Urban heat islands are growing in America, and we need to be aware. As cities are sprawling out into the countryside these islands are growing. An urban heat island is a metropolitan area that is significantly warmer than its surroundings. According to the EPA, the annual mean air temperature of a city with one million people or more can be 1.8 to 5.4 degrees Fahrenheit warmer than surrounding areas. The difference in temperatures is usually greater at night. The difference is also greater in the winter than the summer. We have seen a difference of 22 degrees between a city and a rural area during the evening.
How to Build an Island
Unlike the islands in a tropical destination, urban heat islands are man made. Heat islands are created as vegetation in rural areas gets replaced by asphalt and concrete. Asphalt and concrete absorb the incoming solar radiation rather than reflect it. This absorption causes the surface temperature to rise. Other major contributions are tall buildings and narrow roads, that trap the heat near the surface. As the areas surrounding a city cool more quickly, they form an island of heat.

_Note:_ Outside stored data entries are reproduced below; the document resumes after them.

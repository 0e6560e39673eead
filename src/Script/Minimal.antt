-- ===== src/Script/Minimal.antt =====
-- src/hornetlib/protocol/script/lang/minimal.h: integers in the fewest bytes, lowest first, with the
-- sign in the highest bit. The bits of a byte are read by division: `b / 128` is `b & 0x80`.
use hornet.Common.{
  ℕ, zero, suc, ◌-◌, ◌*◌, ◌/◌, ◌%◌, ◌^◌, [], ◌∷◌, Bytes, Bool, true, false, ◌&&◌, ◌||◌, not, leb,
  ◌==◌, if◌then◌else◌,
}
use hornet.Common.Int.{ℤ, pos, negsuc}
use hornet.Encoding.Endian.{to_signed}
use Prim.Native.Nat.{bit_or}
use mathlib.Core.List.{reverse}

-- The unsigned absolute value, as Abs gives it for every value of the type.
unfoldable pub abs_value : ℤ → ℕ
abs_value (pos n) = n
abs_value (negsuc n) = suc n

unfoldable pub is_negative : ℤ → Bool
is_negative (pos n) = false
is_negative (negsuc n) = true

-- The loop over the remainder; an integer of w bytes takes at most w rounds.
unfoldable pub magnitude_bytes : ℕ → ℕ → Bytes
magnitude_bytes zero remainder = []
magnitude_bytes (suc rounds) remainder =
    let rest = magnitude_bytes rounds (remainder / 256) in
    if remainder == 0 then [] else (remainder % 256) ∷ rest

-- `if (bytes[size - 1] & 0x80) Append(0)`.
unfoldable pub append_sign_byte : Bytes → Bytes
append_sign_byte [] = []
append_sign_byte (b ∷ []) = if b / 128 % 2 == 1 then b ∷ 0 ∷ [] else b ∷ []
append_sign_byte (b ∷ (c ∷ bs)) = b ∷ append_sign_byte (c ∷ bs)

-- `bytes[size - 1] |= 0x80`.
unfoldable pub set_sign : Bytes → Bytes
set_sign [] = []
set_sign (b ∷ []) = bit_or b 0x80 ∷ []
set_sign (b ∷ (c ∷ bs)) = b ∷ set_sign (c ∷ bs)

-- EncodeMinimalInt for an integer type of `width` bytes.
unfoldable pub encode_minimal_int : ℕ → ℤ → Bytes
unfolding abs_value is_negative magnitude_bytes append_sign_byte set_sign
encode_minimal_int width value =
    if abs_value value == 0
    then []
    else (let bytes = append_sign_byte (magnitude_bytes width (abs_value value)) in
        if is_negative value then set_sign bytes else bytes)

pub record MinimalIntDecoded : Type 0 where
  pub value : ℤ
  pub minimal : Bool
  pub overflow : Bool

-- The loop of DecodeMinimalInt over the bytes from the highest down; `bits` is the type's width.
unfoldable pub decode_loop : ℕ → Bytes → ℕ → Bool → ℕ × Bool
decode_loop bits [] absval overflow = (absval, overflow)
decode_loop bits (b ∷ below) absval overflow =
    decode_loop bits below (bit_or (absval * 256 % 2 ^ bits) b)
      (overflow || not (absval / 2 ^ (bits - 8) == 0))

-- Negate: the two's complement of the magnitude, as a signed value of the width.
unfoldable pub negate : ℕ → ℕ → ℤ
negate bits absval = to_signed bits ((2 ^ bits - absval) % 2 ^ bits)

unfoldable pub decode_value : ℕ → Bool → ℕ × Bool → Bool → MinimalIntDecoded
unfolding negate
decode_value bits negative r minimal = record {
  value = if negative then negate bits r.0 else to_signed bits r.0;
  minimal = minimal;
  overflow = r.1;
}

-- The bytes from the highest down. A highest byte that holds the sign alone is passed over, and
-- stands in a minimal encoding only above a byte whose highest bit is set.
unfoldable pub decode_reversed : ℕ → Bytes → MinimalIntDecoded
unfolding decode_loop decode_value
decode_reversed bits [] = record { value = pos 0; minimal = true; overflow = false }
decode_reversed bits (top ∷ []) =
    if top % 128 == 0
    then decode_value bits (leb 128 top) (0, false) false
    else decode_value bits (leb 128 top) (decode_loop bits (top % 128 ∷ []) 0 false) true
decode_reversed bits (top ∷ (next ∷ below)) =
    if top % 128 == 0
    then decode_value bits (leb 128 top) (decode_loop bits (next ∷ below) 0 false) (leb 128 next)
    else decode_value bits (leb 128 top) (decode_loop bits (top % 128 ∷ next ∷ below) 0 false) true

unfoldable pub decode_minimal_int : ℕ → Bytes → MinimalIntDecoded
unfolding decode_reversed
decode_minimal_int bits bytes = decode_reversed bits (reverse bytes)

-- Every byte is zero but for the sign bit of the last.
unfoldable pub is_encoded_zero : Bytes → Bool
is_encoded_zero [] = true
is_encoded_zero (b ∷ []) = b % 128 == 0
is_encoded_zero (b ∷ (c ∷ bs)) = (b == 0) && is_encoded_zero (c ∷ bs)
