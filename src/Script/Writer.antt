-- ===== src/Script/Writer.antt =====
-- src/hornetlib/protocol/script/writer.h: instructions appended to a script.
use hornet.Common.{
  ℕ, ◌+◌, ◌-◌, [], ◌∷◌, ◌++◌, length, Bytes, Option, none, some, ltb, leb, ◌==◌, if◌then◌else◌,
}
use hornet.Common.Int.{ℤ}
use hornet.Encoding.Endian.{le_bytes}
use hornet.Script.Op.{
  push_const_0, push_size_1, push_size_max, push_data_1, push_data_2, push_data_4, is_immediate,
  immediate_to_op,
}
use hornet.Script.Minimal.{encode_minimal_int}

-- What PushData appends, behind its assertion.
unfoldable pub push_data_instruction : Bytes → Bytes
push_data_instruction payload =
    if length payload == 0
    then push_const_0 ∷ []
    else if leb (length payload) push_size_max
    then (push_size_1 + (length payload - 1)) ∷ payload
    else if leb (length payload) 0xFF
    then push_data_1 ∷ (le_bytes 1 (length payload) ++ payload)
    else if leb (length payload) 0xFFFF
    then push_data_2 ∷ (le_bytes 2 (length payload) ++ payload)
    else push_data_4 ∷ (le_bytes 4 (length payload) ++ payload)

-- PushData, which asserts a size below 2 ^ 32 - 1.
unfoldable pub push_data : Bytes → Bytes → Option Bytes
unfolding push_data_instruction
push_data script payload =
    if ltb (length payload) 0xFFFF_FFFF
    then some (script ++ push_data_instruction payload)
    else none

-- An int32_t: an opcode where it has one, and otherwise the push of its minimal encoding, whose few
-- bytes PushData's assertion accepts.
unfoldable pub push_int : Bytes → ℤ → Bytes
unfolding push_data_instruction
push_int script value =
    if is_immediate value
    then script ++ (immediate_to_op value ∷ [])
    else script ++ push_data_instruction (encode_minimal_int 4 value)

unfoldable pub then_op : Bytes → ℕ → Bytes
then_op script opcode = script ++ (opcode ∷ [])
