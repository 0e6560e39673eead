-- ===== src/Consensus/ContextRules.antt =====
-- src/hornetlib/consensus/rules/validate_block_context.h and ValidateContextual of validate.h.
pub mod Final
pub mod Valid
pub mod Commitment
use hornet.Common.{
  ℕ, List, [], ◌∷◌, ◌++◌, length, drop, Option, none, some, Bool, true, false, not, ltb, ◌==◌,
  if◌then◌else◌, Bytes, starts_with,
}
use hornet.Common.Int.{pos, ltb_ℤ}
use hornet.Protocol.Transaction.{Input, Output, Transaction, Witness, is_witness}
use hornet.Protocol.Block.{Block, coinbase_signature, get_weight_units}
use hornet.Script.Writer.{push_int}
use hornet.Consensus.Types.{Error, Result, success, failure, aborts, error_if}
use hornet.Consensus.Rule.{Bip, is_bip_enabled_at_height, rule, rule_bip, validate_rules}
use hornet.Consensus.Env.{Env}
use hornet.Consensus.Ancestry.{HeaderAncestryView, median_time_past}
use hornet.Consensus.Merkle.{compute_witness_merkle_root}

pub record BlockEnvironmentContext : Type 0 where
  pub block : Block
  pub view : HeaderAncestryView
  pub height : ℕ

unfoldable pub is_lock_time_a_block_height : ℕ → Bool
is_lock_time_a_block_height locktime = ltb locktime 500_000_000

abbrev pub sequence_final : ℕ
sequence_final = 0xFFFF_FFFF

unfoldable pub all_sequences_final : List Input → Bool
all_sequences_final [] = true
all_sequences_final (input ∷ inputs) =
    if input.sequence == sequence_final then all_sequences_final inputs else false

-- The height is an int and the timestamp an int64_t, neither negative here.
unfoldable pub is_transaction_final_at : Transaction → ℕ → ℕ → Bool
unfolding is_lock_time_a_block_height all_sequences_final
is_transaction_final_at tx height timestamp =
    if tx.lock_time == 0
    then true
    else (let compare_time =
          if is_lock_time_a_block_height tx.lock_time then height else timestamp in
        if ltb tx.lock_time compare_time then true else all_sequences_final tx.inputs)

unfoldable pub check_final : ℕ → ℕ → List Transaction → Result
check_final height timestamp [] = success
check_final height timestamp (tx ∷ txs) =
    if is_transaction_final_at tx height timestamp
    then check_final height timestamp txs
    else failure Error.structure_non_final_transaction

unfoldable pub validate_coinbase_height : BlockEnvironmentContext → Result
validate_coinbase_height c = elim (coinbase_signature c.block) [
  | none ↦ aborts
  | some script ↦
      error_if (not (starts_with script (push_int [] (pos c.height))))
        Error.structure_bad_coin_base_height
]

abbrev pub witness_commitment_bytes : Bytes
witness_commitment_bytes = 0x6a ∷ 0x24 ∷ 0xaa ∷ 0x21 ∷ 0xa9 ∷ 0xed ∷ []

-- The script of the last output that starts with the commitment's bytes.
unfoldable pub find_commitment : List Output → Option Bytes
find_commitment [] = none
find_commitment (output ∷ outputs) = elim (find_commitment outputs) [
  | some script ↦ some script
  | none ↦
      if starts_with output.pk_script witness_commitment_bytes then some output.pk_script else none
]

unfoldable pub check_no_witness : List Transaction → Result
check_no_witness [] = success
check_no_witness (tx ∷ txs) =
    if is_witness tx then failure Error.structure_unexpected_witness else check_no_witness txs

unfoldable pub validate_block_weight : BlockEnvironmentContext → Result
validate_block_weight c = elim (get_weight_units c.block) [
  | none ↦ aborts
  | some weight ↦ error_if (ltb_ℤ (pos 4_000_000) weight) Error.structure_bad_block_weight
]

module _ (env : Env) where
  unfoldable pub validate_transaction_finality : BlockEnvironmentContext → Result
  unfolding check_final
  validate_transaction_finality c =
      if is_bip_enabled_at_height Bip.lock_time_median_past c.height
      then elim (median_time_past env c.view) [
        | none ↦ aborts
        | some median ↦ check_final c.height median c.block.transactions
      ]
      else check_final c.height c.block.header.timestamp c.block.transactions

  -- With a commitment in `script`. A coinbase transaction that has no witnesses is indexed out of
  -- range by `coinbase.Witness(0)`.
  unfoldable pub check_commitment : Block → List Witness → Bytes → Result
  check_commitment block [] script = aborts
  check_commitment block ((salt ∷ []) ∷ witnesses) script =
      if length salt == 32
      then elim (compute_witness_merkle_root env.double_sha256 block) [
        | none ↦ aborts
        | some root ↦
            error_if (not (starts_with (drop 6 script) (env.double_sha256 (root.hash ++ salt))))
              Error.structure_bad_witness_merkle
      ]
      else failure Error.structure_bad_witness_nonce
  check_commitment block (other ∷ witnesses) script = failure Error.structure_bad_witness_nonce

  unfoldable pub validate_witness_commitment : BlockEnvironmentContext → Result
  unfolding check_commitment check_no_witness find_commitment
  validate_witness_commitment c = elim c.block.transactions [
    | [] ↦ success
    | coinbase ∷ rest ↦ elim (find_commitment coinbase.outputs) [
      | some script ↦ check_commitment c.block coinbase.witnesses script
      | none ↦ check_no_witness c.block.transactions
    ]
  ]

  unfoldable pub validate_contextual : BlockEnvironmentContext → Result
  validate_contextual c =
      validate_rules
        (rule validate_transaction_finality
          ∷ rule_bip validate_coinbase_height Bip.height_in_coinbase
          ∷ rule_bip validate_witness_commitment Bip.seg_wit
          ∷ rule validate_block_weight
          ∷ [])
        c.height c
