-- ===== src/Consensus/BlockRules.antt =====
-- src/hornetlib/consensus/rules/{validate_compositions,validate_spending}.h, consensus/utxo.h, and
-- ValidateInputSpend of validate.h: the validation of a whole block.
pub mod Valid
use hornet.Common.{ℕ, [], ◌∷◌, Bytes}
use hornet.Common.Int.{ℤ}
use hornet.Protocol.Block.{Block}
use hornet.Protocol.Header.{BlockHeader}
use hornet.Protocol.Transaction.{Transaction}
use hornet.Consensus.Types.{Result, success}
use hornet.Consensus.Rule.{rule, rule_at, validate_rules}
use hornet.Consensus.Env.{Env}
use hornet.Consensus.Ancestry.{HeaderAncestryView}
use hornet.Consensus.HeaderRules.{HeaderValidationContext, validate_header}
use hornet.Consensus.StructureRules.{validate_structural}
use hornet.Consensus.ContextRules.{BlockEnvironmentContext, validate_contextual}

pub record SpendRecord : Type 0 where
  pub funding_height : ℕ
  pub funding_flags : ℕ
  pub amount : ℤ
  pub pubkey_script : Bytes
  pub tx : Transaction
  pub spend_input_index : ℕ

-- The virtual functions of the view: the enumeration calls back for each spend.
pub record UnspentOutputsView : Type 0 where
  pub query_prevouts_unspent : Block → Result
  pub enumerate_spends : Block → (SpendRecord → Result) → Result

pub record InputSpendingContext : Type 0 where
  pub spend : SpendRecord
  pub height : ℕ

-- The rule is not written yet in the source: it accepts every spend.
unfoldable pub validate_coinbase_maturity : InputSpendingContext → Result
validate_coinbase_maturity c = success

unfoldable pub validate_input_spend : SpendRecord → ℕ → Result
unfolding validate_coinbase_maturity
validate_input_spend spend height =
    validate_rules (rule validate_coinbase_maturity ∷ []) height
      (record { spend = spend; height = height })

pub record BlockSpendingContext : Type 0 where
  pub block : Block
  pub unspent : UnspentOutputsView
  pub height : ℕ

unfoldable pub validate_spending : BlockSpendingContext → Result
unfolding validate_input_spend
validate_spending c =
    c.unspent.enumerate_spends c.block (λ spend. validate_input_spend spend c.height)

pub record BlockValidationContext : Type 0 where
  pub block : Block
  pub parent : BlockHeader
  pub view : HeaderAncestryView
  pub current_time : ℤ
  pub unspent : UnspentOutputsView

abbrev pub make_header_context : BlockValidationContext → HeaderValidationContext
make_header_context c = record {
  header = c.block.header;
  parent = c.parent;
  view = c.view;
  current_time = c.current_time;
  height = c.view.view_length;
}

abbrev pub make_environment_context : BlockValidationContext → BlockEnvironmentContext
make_environment_context c = record { block = c.block; view = c.view; height = c.view.view_length }

abbrev pub make_block_spending_context : BlockValidationContext → BlockSpendingContext
make_block_spending_context c = record {
  block = c.block;
  unspent = c.unspent;
  height = c.view.view_length;
}

module _ (env : Env) where
  unfoldable pub validate_non_spending : BlockEnvironmentContext → Result
  validate_non_spending c =
      validate_rules
        (rule_at (validate_structural env) (λ (x : BlockEnvironmentContext). x.block)
          ∷ rule (validate_contextual env)
          ∷ [])
        c.height c

  unfoldable pub validate_block : BlockValidationContext → Result
  unfolding validate_non_spending
  validate_block c =
      validate_rules
        (rule_at (validate_header env) make_header_context
          ∷ rule_at validate_non_spending make_environment_context
          ∷ rule_at validate_spending make_block_spending_context
          ∷ [])
        c.view.view_length c
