-- ===== src/Consensus/BlockRules/Valid.antt =====
-- What the validation of a whole block accepts.
use hornet.Common.{◌≡◌, refl, ◌↔◌}
use hornet.Consensus.Types.{success}
use hornet.Consensus.Rule.{is_enabled, validate_rules_iff}
use hornet.Consensus.Env.{Env}
use hornet.Consensus.HeaderRules.{validate_header}
use hornet.Consensus.StructureRules.{validate_structural}
use hornet.Consensus.ContextRules.{validate_contextual}
use hornet.Consensus.BlockRules.{
  BlockValidationContext, make_header_context, make_environment_context,
  make_block_spending_context, validate_non_spending, validate_spending, validate_block,
}

-- A block is valid exactly when the header rules accept its header, the structural rules accept
-- it, and the contextual rules and the spending rules accept it in the contexts made from the
-- block's context.
pub validate_block_iff :
    (env : Env) (c : BlockValidationContext)
    → (validate_block env c ≡ success) ↔ (
        (validate_header env (make_header_context c) ≡ success)
        × (validate_structural env c.block ≡ success)
        × (validate_contextual env (make_environment_context c) ≡ success)
        × (validate_spending (make_block_spending_context c) ≡ success))
unfolding validate_block validate_non_spending is_enabled
validate_block_iff env c =
    let (sound, complete) = validate_rules_iff _ c.view.view_length c in
    let (split, join) =
      validate_rules_iff _ (make_environment_context c).height (make_environment_context c) in
    (
      λ h.
          let (header, (block, (spending, done))) = sound h in
          let (structural, (contextual, rest)) = split (block refl) in
          (header refl, structural refl, contextual refl, spending refl),
      λ h. complete (λ _. h.0, (λ _. join ((λ _. h.1, (λ _. h.2, tt))), (λ _. h.3, tt))),
    )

Slowing the Growth Process
Urban heat islands can be slowed or reversed. The EPA lists five strategies that cities have begun implementing:
1. Increasing tree and vegetation cover
2. Growing a vegetative layer on rooftops
3. Using roofing materials that reflect the sunlight and heat away from a building
4. Using pavement materials that remain cooler than traditional materials
5. Using smart growth in developing communities
Even with such a simple solution, most people are unaware that there is a problem. Some things such as green roofs may not be possible when you live in a traditional home, but every member of a community can contribute to the fight. We can plant trees around our homes or make sure we are using more energy efficient appliances. We either look forward and accept the increased heat that is to come or we turn our focus to controlling it.